◆ PROBLEM DETAILS
Figure out how many lines in these records contain "upper". Only the number belongs in the reply.

SUPPLIED DATA Block Start

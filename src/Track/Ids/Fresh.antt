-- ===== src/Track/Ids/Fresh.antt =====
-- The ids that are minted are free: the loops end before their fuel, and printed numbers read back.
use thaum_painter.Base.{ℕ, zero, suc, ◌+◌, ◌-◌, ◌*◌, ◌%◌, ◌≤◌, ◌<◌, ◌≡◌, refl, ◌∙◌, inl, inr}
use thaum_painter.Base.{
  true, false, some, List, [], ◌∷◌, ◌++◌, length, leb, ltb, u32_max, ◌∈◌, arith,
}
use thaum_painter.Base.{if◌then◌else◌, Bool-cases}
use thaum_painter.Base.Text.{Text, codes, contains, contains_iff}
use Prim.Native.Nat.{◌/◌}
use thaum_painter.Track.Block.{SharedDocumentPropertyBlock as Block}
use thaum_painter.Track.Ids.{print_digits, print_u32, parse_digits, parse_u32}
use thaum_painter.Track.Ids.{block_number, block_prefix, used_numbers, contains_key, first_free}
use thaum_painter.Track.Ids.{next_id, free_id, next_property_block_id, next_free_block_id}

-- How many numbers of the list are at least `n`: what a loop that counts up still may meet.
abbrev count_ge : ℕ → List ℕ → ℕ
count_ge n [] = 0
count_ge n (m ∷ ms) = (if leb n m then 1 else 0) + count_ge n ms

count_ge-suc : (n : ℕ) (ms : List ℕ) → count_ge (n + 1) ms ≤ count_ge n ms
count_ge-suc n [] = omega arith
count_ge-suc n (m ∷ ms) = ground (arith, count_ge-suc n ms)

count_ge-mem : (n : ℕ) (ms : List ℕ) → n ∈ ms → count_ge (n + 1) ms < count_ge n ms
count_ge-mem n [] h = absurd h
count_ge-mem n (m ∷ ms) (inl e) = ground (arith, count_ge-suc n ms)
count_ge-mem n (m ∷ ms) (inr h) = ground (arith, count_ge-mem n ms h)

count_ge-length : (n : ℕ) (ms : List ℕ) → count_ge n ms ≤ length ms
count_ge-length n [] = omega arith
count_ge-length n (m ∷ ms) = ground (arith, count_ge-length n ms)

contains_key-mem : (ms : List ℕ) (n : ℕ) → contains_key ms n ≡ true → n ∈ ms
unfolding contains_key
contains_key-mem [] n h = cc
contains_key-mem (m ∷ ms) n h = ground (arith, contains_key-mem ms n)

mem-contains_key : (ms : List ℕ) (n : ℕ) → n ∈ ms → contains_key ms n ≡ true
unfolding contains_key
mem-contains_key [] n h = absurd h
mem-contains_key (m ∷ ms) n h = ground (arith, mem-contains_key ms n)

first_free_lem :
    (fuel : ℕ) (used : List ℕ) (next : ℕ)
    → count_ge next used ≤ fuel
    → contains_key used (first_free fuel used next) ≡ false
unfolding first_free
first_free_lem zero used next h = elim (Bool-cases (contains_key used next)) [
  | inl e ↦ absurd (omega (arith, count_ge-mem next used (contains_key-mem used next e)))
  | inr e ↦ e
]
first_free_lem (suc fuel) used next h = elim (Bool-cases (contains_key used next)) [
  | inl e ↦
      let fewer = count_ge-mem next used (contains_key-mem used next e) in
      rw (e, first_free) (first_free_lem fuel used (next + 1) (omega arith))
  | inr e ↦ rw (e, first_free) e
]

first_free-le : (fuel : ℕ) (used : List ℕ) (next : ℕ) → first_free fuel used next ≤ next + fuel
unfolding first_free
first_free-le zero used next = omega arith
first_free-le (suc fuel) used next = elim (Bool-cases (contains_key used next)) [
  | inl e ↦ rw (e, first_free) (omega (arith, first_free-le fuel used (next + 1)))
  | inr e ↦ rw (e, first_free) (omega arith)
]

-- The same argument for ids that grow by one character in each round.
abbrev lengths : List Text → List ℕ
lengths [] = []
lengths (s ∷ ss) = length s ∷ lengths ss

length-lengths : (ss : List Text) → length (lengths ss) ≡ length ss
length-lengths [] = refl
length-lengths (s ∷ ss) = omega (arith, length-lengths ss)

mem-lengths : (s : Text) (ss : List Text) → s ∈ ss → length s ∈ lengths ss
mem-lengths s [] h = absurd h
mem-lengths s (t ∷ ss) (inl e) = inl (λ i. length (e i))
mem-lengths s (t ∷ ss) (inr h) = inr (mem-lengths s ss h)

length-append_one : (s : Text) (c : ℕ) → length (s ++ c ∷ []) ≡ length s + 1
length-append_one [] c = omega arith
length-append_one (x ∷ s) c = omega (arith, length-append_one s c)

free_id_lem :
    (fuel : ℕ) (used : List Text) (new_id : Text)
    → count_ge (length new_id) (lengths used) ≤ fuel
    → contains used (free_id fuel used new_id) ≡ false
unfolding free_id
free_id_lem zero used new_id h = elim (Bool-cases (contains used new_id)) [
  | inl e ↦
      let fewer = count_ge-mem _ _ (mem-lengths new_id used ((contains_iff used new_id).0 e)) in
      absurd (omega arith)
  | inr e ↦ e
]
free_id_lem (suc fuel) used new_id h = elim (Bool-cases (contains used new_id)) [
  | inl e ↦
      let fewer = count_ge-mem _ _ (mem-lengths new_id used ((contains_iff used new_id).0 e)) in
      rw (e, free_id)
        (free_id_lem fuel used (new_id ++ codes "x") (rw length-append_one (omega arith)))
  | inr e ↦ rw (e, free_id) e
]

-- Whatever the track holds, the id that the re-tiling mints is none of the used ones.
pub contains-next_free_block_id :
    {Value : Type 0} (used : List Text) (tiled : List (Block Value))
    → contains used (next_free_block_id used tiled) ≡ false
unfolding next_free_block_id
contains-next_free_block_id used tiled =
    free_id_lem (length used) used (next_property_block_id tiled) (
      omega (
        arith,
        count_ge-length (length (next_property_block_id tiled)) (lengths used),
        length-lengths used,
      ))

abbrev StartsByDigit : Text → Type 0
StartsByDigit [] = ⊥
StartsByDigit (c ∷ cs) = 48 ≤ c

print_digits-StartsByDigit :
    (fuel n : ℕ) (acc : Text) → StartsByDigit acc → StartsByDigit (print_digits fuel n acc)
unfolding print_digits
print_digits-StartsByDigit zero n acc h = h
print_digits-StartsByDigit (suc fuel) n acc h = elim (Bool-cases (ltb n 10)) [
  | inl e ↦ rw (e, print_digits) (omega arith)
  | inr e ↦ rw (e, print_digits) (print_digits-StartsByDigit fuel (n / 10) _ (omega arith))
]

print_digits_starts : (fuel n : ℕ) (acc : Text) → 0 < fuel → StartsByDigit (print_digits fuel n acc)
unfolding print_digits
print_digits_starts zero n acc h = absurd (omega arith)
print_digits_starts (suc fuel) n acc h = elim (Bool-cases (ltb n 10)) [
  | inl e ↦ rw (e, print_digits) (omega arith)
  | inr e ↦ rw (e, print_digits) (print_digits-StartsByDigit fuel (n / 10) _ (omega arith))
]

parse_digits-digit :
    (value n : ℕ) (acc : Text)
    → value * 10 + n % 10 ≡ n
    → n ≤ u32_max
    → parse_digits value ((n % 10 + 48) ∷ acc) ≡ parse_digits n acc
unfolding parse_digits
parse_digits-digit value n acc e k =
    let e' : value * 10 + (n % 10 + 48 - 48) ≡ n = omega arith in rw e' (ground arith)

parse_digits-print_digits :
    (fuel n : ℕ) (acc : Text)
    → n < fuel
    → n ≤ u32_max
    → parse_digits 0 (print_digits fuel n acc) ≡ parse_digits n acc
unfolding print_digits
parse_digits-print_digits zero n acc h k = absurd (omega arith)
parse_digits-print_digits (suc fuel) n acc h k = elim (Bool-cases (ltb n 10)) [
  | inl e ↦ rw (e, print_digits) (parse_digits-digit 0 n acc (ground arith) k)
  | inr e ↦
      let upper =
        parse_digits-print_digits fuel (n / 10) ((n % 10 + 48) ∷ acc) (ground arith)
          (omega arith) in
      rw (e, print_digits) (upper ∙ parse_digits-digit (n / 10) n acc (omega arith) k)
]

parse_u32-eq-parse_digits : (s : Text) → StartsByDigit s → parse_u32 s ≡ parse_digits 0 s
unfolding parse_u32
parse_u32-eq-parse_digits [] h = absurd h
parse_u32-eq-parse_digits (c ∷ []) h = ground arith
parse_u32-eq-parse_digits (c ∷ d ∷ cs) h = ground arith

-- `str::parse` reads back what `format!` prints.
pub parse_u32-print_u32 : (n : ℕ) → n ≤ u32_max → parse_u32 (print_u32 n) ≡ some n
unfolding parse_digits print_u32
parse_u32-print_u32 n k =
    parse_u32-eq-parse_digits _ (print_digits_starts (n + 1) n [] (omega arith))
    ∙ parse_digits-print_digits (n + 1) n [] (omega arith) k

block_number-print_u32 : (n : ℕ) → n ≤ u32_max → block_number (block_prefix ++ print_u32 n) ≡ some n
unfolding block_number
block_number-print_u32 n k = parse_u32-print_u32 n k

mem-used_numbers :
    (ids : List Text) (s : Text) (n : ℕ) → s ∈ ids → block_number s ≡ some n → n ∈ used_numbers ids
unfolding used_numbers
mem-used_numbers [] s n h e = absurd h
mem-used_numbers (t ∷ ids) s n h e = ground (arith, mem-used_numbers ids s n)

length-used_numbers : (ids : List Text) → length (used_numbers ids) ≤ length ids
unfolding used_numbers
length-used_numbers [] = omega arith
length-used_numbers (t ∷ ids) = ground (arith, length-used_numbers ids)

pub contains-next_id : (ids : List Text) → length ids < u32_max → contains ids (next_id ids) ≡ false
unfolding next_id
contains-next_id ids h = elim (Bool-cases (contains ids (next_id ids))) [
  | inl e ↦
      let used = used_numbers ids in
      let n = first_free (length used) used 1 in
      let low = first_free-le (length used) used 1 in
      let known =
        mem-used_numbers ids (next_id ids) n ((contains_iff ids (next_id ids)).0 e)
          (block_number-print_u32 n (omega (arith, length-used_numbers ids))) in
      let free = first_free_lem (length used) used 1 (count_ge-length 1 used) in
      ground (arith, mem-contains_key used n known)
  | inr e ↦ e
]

SUPPLIED DATA Block End

◆ SOLUTION BELOW
2